Nobuaki Tsuchiya Garage419
Nous avons découvert le travail de Nobuaki Tsuchiya lors d’un voyage dans les Alpes japonaises. Son travail nous a de suite interpellé par son caractère sculptural – mais fonctionnel – et la qualité de ses finitions. Présentant 3 de ses pièces au sein de notre sélection Objets Tactiles, nous échangeons avec lui sur sa vision de l’artisanat, l’influence de son territoire et sa relation à la sculpture.
Bonjour Nobuaki, pourriez-vous vous présenter et nous parler de votre parcours ?
Je m’appelle Nobuaki Tsuchiya. J’ai étudié le design à l’université puis j’ai commencé à travailler dans une boutique d’antiquités, un cabinet d’architecture et une menuiserie. Mon grand-père était menuisier, et depuis mon enfance j’aime fabriquer toutes sortes d’objets en bois. En 2022, j’ai naturellement installé mon atelier dans la région de Kiso dans la préfecture de Nagano, une région très montagneuse avec une abondance de bois. Je crée des meubles et des pièces utilitaires, notamment à partir de bois vert.
Vos sculptures sont très dessinées. Comment abordez-vous la sculpture sur bois ?
Je dessinais beaucoup à l’époque où j’étais étudiant, ce qui se reflète peut-être dans mes sculptures. Il existe de nombreux types de motifs mais je préfère les motifs abstraits, créés par une série de simples entailles par la lame. Dans l’architecture japonaise ancienne, on sculptait souvent des motifs sur les poutres avec une hachette pour les orner. Ces motifs sont nés d’une nécessité pratique mais ils dégagent une esthétique très graphique. Autrefois, il était difficile de scier de grandes pièces de bois courbé, on préférait donc utiliser les formes naturelles du bois et les orner de motifs fins à la lame. En créant mes sculptures, je m’efforce de respecter cette relation ancienne entre l’homme et le bois.
Le territoire semble très présent dans votre démarche. Comment influence-t-il votre travail ?
Kiso est une région très montagneuse, mais elle est historiquement importante car elle est traversée par l’ancienne route du Nakasendo (reliant Kyoto et Tokyo à l’ère Edo). Le cyprès de Kiso y est exploité depuis des siècles pour la construction. Cette région est marquée par la culture populaire témoignant de la vie des habitants : des objets anciens qui ont été transmis dans les familles, des maisons, des modes de vie, des métiers et des fêtes traditionnelles. Ce lieu, où la vie des gens est en harmonie avec la nature depuis toujours, m’inspire profondément dans mon travail.

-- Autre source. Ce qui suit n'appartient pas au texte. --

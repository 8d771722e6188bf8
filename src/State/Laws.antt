-- ===== src/State/Laws.antt =====
-- What a captured state is good for.
use z80_python.Base.{
  ◌<◌, ◌∷◌, ◌≡◌, ◌≤◌, List, Option, [], and_intro, arith, le→leb, none, refl, some, true, ℕ,
}
use z80_python.Contract.{IsWf, vector_value}
use z80_python.Cpu.{Cpu}
use z80_python.State.{
  CpuState, all_at_most, capture_state, is_valid, restore_state, snapshot, vector_at_most,
}

abbrev AtMost : ℕ → List ℕ → Type 0
AtMost maximum [] = Unit
AtMost maximum (v ∷ vs) = (v ≤ maximum) × AtMost maximum vs

all_at_most_intro : (maximum : ℕ) (vs : List ℕ) → AtMost maximum vs → all_at_most maximum vs ≡ true
all_at_most_intro maximum [] h = refl
all_at_most_intro maximum (v ∷ vs) h =
    and_intro _ _ (le→leb v maximum h.0) (all_at_most_intro maximum vs h.1)

vector_at_most_intro : (o : Option ℕ) → vector_value o < 256 → vector_at_most o 0xFF ≡ true
vector_at_most_intro none h = refl
vector_at_most_intro (some v) h = le→leb v 0xFF (omega arith)

IsWf-is_valid : (s : Cpu) → IsWf s → is_valid (snapshot s) ≡ true
unfolding is_valid snapshot
IsWf-is_valid s w =
    and_intro _ _
      (all_at_most_intro 0xFF (s.a ∷ s.f ∷ s.b ∷ s.c ∷ s.d ∷ s.e ∷ s.h ∷ s.l ∷ s.i ∷ s.r ∷ s.q ∷ [])
        (omega arith))
      (and_intro _ _
        (all_at_most_intro 0xFFFF
          (s.ix ∷ s.iy ∷ s.sp ∷ s.pc ∷ s.wz ∷ s.af_alt ∷ s.bc_alt ∷ s.de_alt ∷ s.hl_alt ∷ [])
          (omega arith))
        (and_intro _ _ (le→leb s.im 2 (omega arith)) (
          and_intro _ _ (le→leb s.ei_delay 1 (omega arith))
            (vector_at_most_intro s.pending_maskable_interrupt w.vector-lt))))

-- With registers within their widths `capture_state` returns a state, and restoring that state
-- changes nothing of the CPU that it was taken from.
pub restore-capture :
    (s : Cpu) → IsWf s → (t : CpuState) × (capture_state s ≡ some t) × (restore_state t s ≡ s)
unfolding capture_state snapshot restore_state
restore-capture s w = (snapshot s, rw (IsWf-is_valid s w), refl)

-- After a valid state is restored, `capture_state` returns it, whatever the CPU held before.
pub capture-restore :
    (t : CpuState) (s : Cpu) → is_valid t ≡ true → capture_state (restore_state t s) ≡ some t
unfolding capture_state snapshot restore_state
capture-restore t s h = rw h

Comment choisissez-vous le bois que vous sculptez ?
Les essences et tailles des arbres abattus localement sont variées. Je commence la production en découpant la bûche à la tronçonneuse, en pensant à l’usage que j’en ferai. J’utilise souvent du bois fissuré ou présentant des caractéristiques particulières, qui ne conviennent pas forcément pour des pièces utilitaires mais plutôt pour des sculptures.
Notre sélection d’automne, à laquelle vous participez, est un hommage à la sculpture sur bois. Pouvez-vous nous parler de votre relation avec cette technique ?
Outre la création de surfaces planes à l’aide de rabots ou d’outils similaires, il existe une technique consistant à faire de petites incisions répétées pour former des motifs variés. Je pense qu’une finition texturée permet d’imaginer le processus de travail, le temps passé, les sons produits, et même la sensation de l’écorce d’origine du bois.
Pouvez-vous nous présenter les trois pièces que vous avez réalisées ?
Ces trois présentoirs sont fabriquées en cerisier sauvage et châtaignier abattus localement. Le bois vert est découpé à la tronçonneuse, puis mis en forme au tour. Des lignes fines sont gravées sur toute la surface, chaque pièce étant gravée à la main avec une seule lame. Les pièces sont ensuite séchées, teintées avec des plantes naturelles, puis finies à l’huile et à la cire.
Les motifs sont inspirés des rizières et des herbes en pleine croissance, évoquant les parcelles de rizières à flanc de montagne et le riz ondulant au vent. Ici, la tradition de planter, cultiver et récolter le riz perdure. Mon travail d’incision répétée s’inspire de cette vie en symbiose avec la nature.